I was browsing through the links over at Neal Whitman's Literal-Minded and I found a great little syntax resource. I hate using the draw feature on my word processing program to create the sentence trees so I'm very eager to try out phpSyntaxTree instead.

It works by interpreting the keyboard friendly notation of bracketing phrases and sentences. You may have noticed (on this and other linguistics blogs) sentences and phrases that look like this:

[synthetic [buffalo hides]]

And that phrase would likely be contrasted with the following:

[[synthetic buffalo] hides]

The phrase on its own is ambiguous because the structure is underlying and not apparent in normal speech or writing. Just like the old joke about the one eyed one horned flying purple people eater that no one needs to be afraid of -- unless you're a one eyed one horned flying purple person. There are some conventions of writing that can clarify these forms. Hyphens work pretty well to indicate which noun an ambiguous adjective is modifying. So a steel-string guitar is probably going to sound a lot better than a steel string guitar.
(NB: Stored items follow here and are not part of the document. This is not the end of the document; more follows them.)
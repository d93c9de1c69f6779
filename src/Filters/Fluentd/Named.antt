-- ===== src/Filters/Fluentd/Named.antt =====
-- The file names that customise_fluentd compares, read from the texts of the paths.
use Prim.Native.Char.{code}
use Prim.Native.String.{String}
use irnmn.Prelude.{
  ℕ, ◌≡◌, refl, Bool, true, false, not, ◌&&◌, ◌==◌, ap, ◌∙◌, nat_eq, any, map, List, [], ◌∷◌,
  Option, none, some, Bool-cases, inl, inr, arith, if◌then◌else◌,
}
use irnmn.Text.Split.{has_char, split_last, push_front, last_or}
use irnmn.Container.Compare.{member}
use irnmn.Filters.Fluentd.{after_slash, all_dots, root_of, basename, basename_no_ext, is_kept}

-- What follows the last slash of a path.
abbrev pub file_name : String → String
file_name String.[] = ""
file_name (String.◌∷◌ c path) =
    if has_char 47 path
    then file_name path
    else if nat_eq (code c) 47
    then path
    else String.◌∷◌ c path

-- What stands before the last dot of a name.
abbrev pub before_dot : String → String
before_dot String.[] = ""
before_dot (String.◌∷◌ c name) = if has_char 46 name then String.◌∷◌ c (before_dot name) else ""

abbrev pub only_dots : String → Bool
only_dots String.[] = true
only_dots (String.◌∷◌ c s) = nat_eq (code c) 46 && only_dots s

-- A name without its extension, which starts at the last dot, but not at one of the first dots.
abbrev pub stem : String → String
stem name = if has_char 46 name && not (only_dots (before_dot name)) then before_dot name else name

-- A customised path has the name of the path without its extension.
abbrev pub is_overridden : List String → String → Bool
is_overridden customised_paths path =
    any (λ other. file_name other == stem (file_name path)) customised_paths

-- The parts that `split_last` finds, for each text.
abbrev IsSplit : ℕ → String → Option (String × String) → Type 0
IsSplit sep s none = has_char sep s ≡ false
IsSplit sep s (some (before, after)) = has_char sep s ≡ true

split_last-IsSplit : (sep : ℕ) (s : String) → IsSplit sep s (split_last sep s)
unfolding split_last has_char
split_last-IsSplit sep String.[] = refl
split_last-IsSplit sep (String.◌∷◌ c s) = go (split_last sep s) (split_last-IsSplit sep s)
  where
    has_at : nat_eq (code c) sep ≡ true → has_char sep (String.◌∷◌ c s) ≡ true
    has_at here = ground (arith, here)

    has_after : nat_eq (code c) sep ≡ false → has_char sep (String.◌∷◌ c s) ≡ has_char sep s
    has_after other = ground (arith, other)

    go :
        (later : Option (String × String))
        → IsSplit sep s later
        → IsSplit sep (String.◌∷◌ c s) (
            if nat_eq (code c) sep
            then last_or (push_front c later) (some ("", s))
            else push_front c later)
    go none lacks = elim (Bool-cases (nat_eq (code c) sep)) [
      | inl here ↦ rw here (has_at here)
      | inr other ↦ rw other (has_after other ∙ lacks)
    ]
    go (some (before, after)) has = elim (Bool-cases (nat_eq (code c) sep)) [
      | inl here ↦ rw here (has_at here)
      | inr other ↦ rw other (has_after other ∙ has)
    ]

pub basename-named : (path : String) → basename path ≡ file_name path
unfolding basename split_last
basename-named String.[] = refl
basename-named (String.◌∷◌ c path) =
    go (split_last 47 path) (split_last-IsSplit 47 path) (basename-named path)
  where
    go :
        (later : Option (String × String))
        → IsSplit 47 path later
        → after_slash path later ≡ file_name path
        → after_slash (String.◌∷◌ c path) (
            if nat_eq (code c) 47
            then last_or (push_front c later) (some ("", path))
            else push_front c later)
          ≡ file_name (String.◌∷◌ c path)
    go none lacks e = elim (Bool-cases (nat_eq (code c) 47)) [
      | inl here ↦ rw (here, lacks) refl
      | inr other ↦ rw (other, lacks) refl
    ]
    go (some (before, after)) has e = elim (Bool-cases (nat_eq (code c) 47)) [
      | inl here ↦ rw (here, has) e
      | inr other ↦ rw (other, has) e
    ]

dots_same : (s : String) → all_dots s ≡ only_dots s
dots_same String.[] = refl
dots_same (String.◌∷◌ c s) = ap (λ b. nat_eq (code c) 46 && b) (dots_same s)

-- The first part of a split at the last dot.
abbrev IsBefore : String → Option (String × String) → Type 0
IsBefore name none = Unit
IsBefore name (some (before, after)) = before ≡ before_dot name

split_last-IsBefore : (name : String) → IsBefore name (split_last 46 name)
unfolding split_last
split_last-IsBefore String.[] = tt
split_last-IsBefore (String.◌∷◌ c name) =
    go (split_last 46 name) (split_last-IsSplit 46 name) (split_last-IsBefore name)
  where
    go :
        (later : Option (String × String))
        → IsSplit 46 name later
        → IsBefore name later
        → IsBefore (String.◌∷◌ c name) (
            if nat_eq (code c) 46
            then last_or (push_front c later) (some ("", name))
            else push_front c later)
    go none lacks e = elim (Bool-cases (nat_eq (code c) 46)) [
      | inl here ↦ rw (here, lacks) refl
      | inr other ↦ rw other tt
    ]
    go (some (before, after)) has e = elim (Bool-cases (nat_eq (code c) 46)) [
      | inl here ↦ rw (here, has) (ap (λ b. String.◌∷◌ c b) e)
      | inr other ↦ rw (other, has) (ap (λ b. String.◌∷◌ c b) e)
    ]

root-stem : (name : String) → root_of name (split_last 46 name) ≡ stem name
root-stem name = go (split_last 46 name) (split_last-IsSplit 46 name) (split_last-IsBefore name)
  where
    go :
        (found : Option (String × String))
        → IsSplit 46 name found
        → IsBefore name found
        → root_of name found ≡ stem name
    go none lacks e = rw lacks refl
    go (some (before, after)) has e = rw (has, e, dots_same (before_dot name)) (ground arith)

no_ext-stem : (path : String) → basename_no_ext path ≡ stem (file_name path)
unfolding basename_no_ext
no_ext-stem path = root-stem (basename path) ∙ ap stem (basename-named path)

member-names :
    (s : String) (paths : List String)
    → member s (map basename paths) ≡ any (λ other. file_name other == s) paths
member-names s [] = refl
member-names s (path ∷ rest) = rw (basename-named path, member-names s rest) refl

pub is_kept-named :
    (customised_paths : List String) (path : String)
    → is_kept customised_paths path ≡ not (is_overridden customised_paths path)
is_kept-named customised_paths path =
    ap not (rw (no_ext-stem path) (member-names (stem (file_name path)) customised_paths))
It'd probably be a lot lighter too.

In the bracket notation (if we want to consider steel-string two words) the difference would be

[[steel string]guitar]
[steel[string guitar]]

plug-in something as simple at those two phrases and the program gives us the corresponding trees:

The program also works with labels for the phrases and accounts for them in the rendering of the lines. I'll borrow a sentence right out of the trusty ol' Radford syntax text to illustrate:

A lovely rendering of the following input form
[TP[PRN He][T'[T does][VP[V enjoy][N syntax]]]]

I've now linked to the program in the resources list in the right sidebar.

1 comment:

Thanks for reaching out.

You can also contact me at wishydig[at]gmail[d0t]com.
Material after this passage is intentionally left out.